RODRIGO Moreno Machado 5 – Jorge Jesus lo schiera a sorpresa, lui lo ripaga con tanto fumo e poco arrosto (dal 65’ LIMA 6 – La sua esclusione resterà a lungo un mistero)

All. JORGE JESUS 6 – L’unico errore è non schierare Lima dall’inizio, tutto il resto è perfetto. Il Benfica gioca tanto bene quanto è sfortunato.

=== CHELSEA ===

Petr CECH 6,5 – La sua gran parata su Cardozo all’82’ vale un pezzo di trofeo. Vince la sua prima coppa europea senza passare dai rigori, proprio come sognava.

Cesar AZPILICUETA 4 – Disastroso sulla corsia di destra, dove soffre le costanti sovrapposizioni di Melgarejo. E, poi, quel fallo di mano che porta al rigore è pura follia calcistica.

Gary CAHILL 7 – Gioca sul ventre molle della difesa, quello destro. E soffre non poco. Merita un punto in più soltanto per il salvataggio pazzesco al 94’ su Cardozo.

Branislav IVANOVIC 7,5 – Il leone di Amsterdam. Lotta alla grande con Cardozo quando il paraguayano passa dalle sue parti e poi colpisce al 93’ con un’incornata che vale il titolo.

Ashley COLE 6 – Una prestazione da stopper aggiunto. Che si sacrifica con spirito di squadra, ma aggiunge poco e nulla alla manovra offensiva.

David LUIZ 5,5 – Tanta confusione in fase di impostazione e non tanto filtro in quella di contenimento.

Frank LAMPARD 6,5 – Il più pericoloso dei suoi, con un gran tiro nel primo tempo e una botta che all’88’ si stampa sulla traversa. Avrebbe meritato il gol, si deve “accontentare” di vincere una coppa da capitano. Il suo quattordicesimo titolo in carriera.

RAMIRES 6 – Non sembra nella miglior versione di sempre, quanto meno in fase di contenimento. Davanti però con i suoi allunghi costringe il Benfica a sacrificarsi.

Juan MATA 6 – Prestazione difficile per lo spagnolo, che fatica non poco a dialogare con i compagni di reparto e in particolar modo con Oscar.

OSCAR 5 – A parte il tiro che scocca al 27’ e spaventa Artur, fa ben poco. Anzi, proprio nulla.

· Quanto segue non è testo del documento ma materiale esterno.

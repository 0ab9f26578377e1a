-- ===== src/Reconcile/Corroborate/Endpoints.antt =====
-- Who has seen the spend that a corroboration confirms.
use cell_flow.Prelude.{
  ◌≤◌, ◌<◌, ◌≡◌, ◌≢◌, ◌⊎◌, true, false, List, [], ◌∷◌, String, arith, eq_iff, Any, here, there,
  Bool-cases, inl, inr, ◌==◌, string_eq, length, leb,
}
use cell_flow.Core.Types.{InputRef}
use cell_flow.Core.Errors.{Result, ok, Result-cases}
use cell_flow.Rpc.Inspect.{InputInspectionState, InputInspection}
use cell_flow.Rpc.Observe.{Identity}
use cell_flow.Rpc.Client.{Client, includes, inspect_input_out_points_at}
use cell_flow.Reconcile.Corroborate.{
  CorroborationObservation, is_canonically_spent, distinct_after, distinct, ask_each,
  corroborate_canonical_spend,
}

Any-tail :
    (P : String → Type 0) (u : String) (us vs : List String)
    → (Any P us → Any P vs)
    → Any P (u ∷ us)
    → Any P (u ∷ vs)
Any-tail P u us vs f (here p) = here p
Any-tail P u us vs f (there a) = there (f a)

Any-distinct_after :
    (P : String → Type 0) (seen us : List String) → Any P (distinct_after seen us) → Any P us
unfolding distinct_after
Any-distinct_after P seen [] a = a
Any-distinct_after P seen (u ∷ us) a = elim (Bool-cases (includes seen u)) [
  | inl y ↦ there (Any-distinct_after P seen us (rw (distinct_after, y) at a))
  | inr n ↦ Any-tail P u _ us (Any-distinct_after P (u ∷ seen) us) (rw (distinct_after, n) at a)
]

unequal : (a b : String) → (a == b) ≡ false → a ≢ b
unequal a b h = ground (arith, eq_iff a b)

spent-state :
    (s : InputInspectionState)
    → is_canonically_spent s ≡ true
    → s ≡ InputInspectionState.canonically_spent
spent-state s h = ground arith

module _ (inspect_at : String → Result InputInspection) (primary : String) where
  -- Another endpoint than the primary one, which inspects the inputs and finds one spent.
  abbrev pub Corroborates : String → Type 0
  Corroborates u =
      (u ≢ primary)
      × (i : InputInspection) × (inspect_at u ≡ ok i)
      × (i.state ≡ InputInspectionState.canonically_spent)

  ask_each-Corroborates :
      (us : List String) (seen : List CorroborationObservation)
      → (ask_each inspect_at primary us seen).confirmed ≡ true
      → Any Corroborates us
  unfolding ask_each
  ask_each-Corroborates [] seen h = cc
  ask_each-Corroborates (u ∷ us) seen h = elim (Bool-cases (u == primary)) [
    | inl y ↦ there (ask_each-Corroborates us _ (rw (ask_each, y) at h))
    | inr n ↦ elim (Result-cases (inspect_at u)) [
      | inl (e, q) ↦ there (ask_each-Corroborates us _ (rw (ask_each, n, q) at h))
      | inr (i, q) ↦ elim (Bool-cases (is_canonically_spent i.state)) [
        | inl found ↦ here (unequal u primary n, i, q, spent-state i.state found)
        | inr other ↦ there (ask_each-Corroborates us _ (rw (ask_each, n, q, other) at h))
      ]
    ]
  ]

-- A spend is confirmed, where two endpoints or more are configured, only if a configured endpoint
-- other than the primary one inspects the inputs and finds one spent; where one is configured, only
-- if the primary one has found it.
pub spend_corroborated :
    (c : Client) (now : String) (primary : InputInspection) (configured : List String)
    (inputs : List InputRef) (identity : Identity)
    → (corroborate_canonical_spend c now primary configured inputs identity).confirmed ≡ true
    → ((2 ≤ length (distinct configured))
        × Any
            (Corroborates
              (λ u. inspect_input_out_points_at c now u inputs identity)
              primary.endpoint)
            configured)
      ⊎ ((length (distinct configured) < 2)
          × (primary.state ≡ InputInspectionState.canonically_spent))
unfolding corroborate_canonical_spend distinct
spend_corroborated c now primary configured inputs identity h =
    elim (Bool-cases (leb 2 (length (distinct configured)))) [
      | inl y ↦ inl (
        ground arith,
        Any-distinct_after _ [] configured
            (ask_each-Corroborates _ primary.endpoint (distinct configured) _ (rw y at h)),
      )
      | inr n ↦ inr (ground arith, spent-state primary.state (rw n at h))
    ]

Fernando TORRES 7 – Del tutto avulso dalla manovra sino al 60’, quando parte in solitaria e va in gol per la nona volta in questa stagione europea. Nell’ultima mezz’ora è un leone. Ridendo e scherzando è divenuto il primo giocatore della storia - con Mata - ad aver vinto Mondiale, Europeo, Champions ed Europa League. Ma meglio non paragonarlo a quello del 2008.

All. Rafael BENITEZ 6,5 – Mezzo punto in più per la fortuna sfacciata che gli permette di vincere la seconda Coppa Uefa/Europa League in carriera (come Trapattoni) senza nemmeno operare un cambio. Ringrazi Guttmann…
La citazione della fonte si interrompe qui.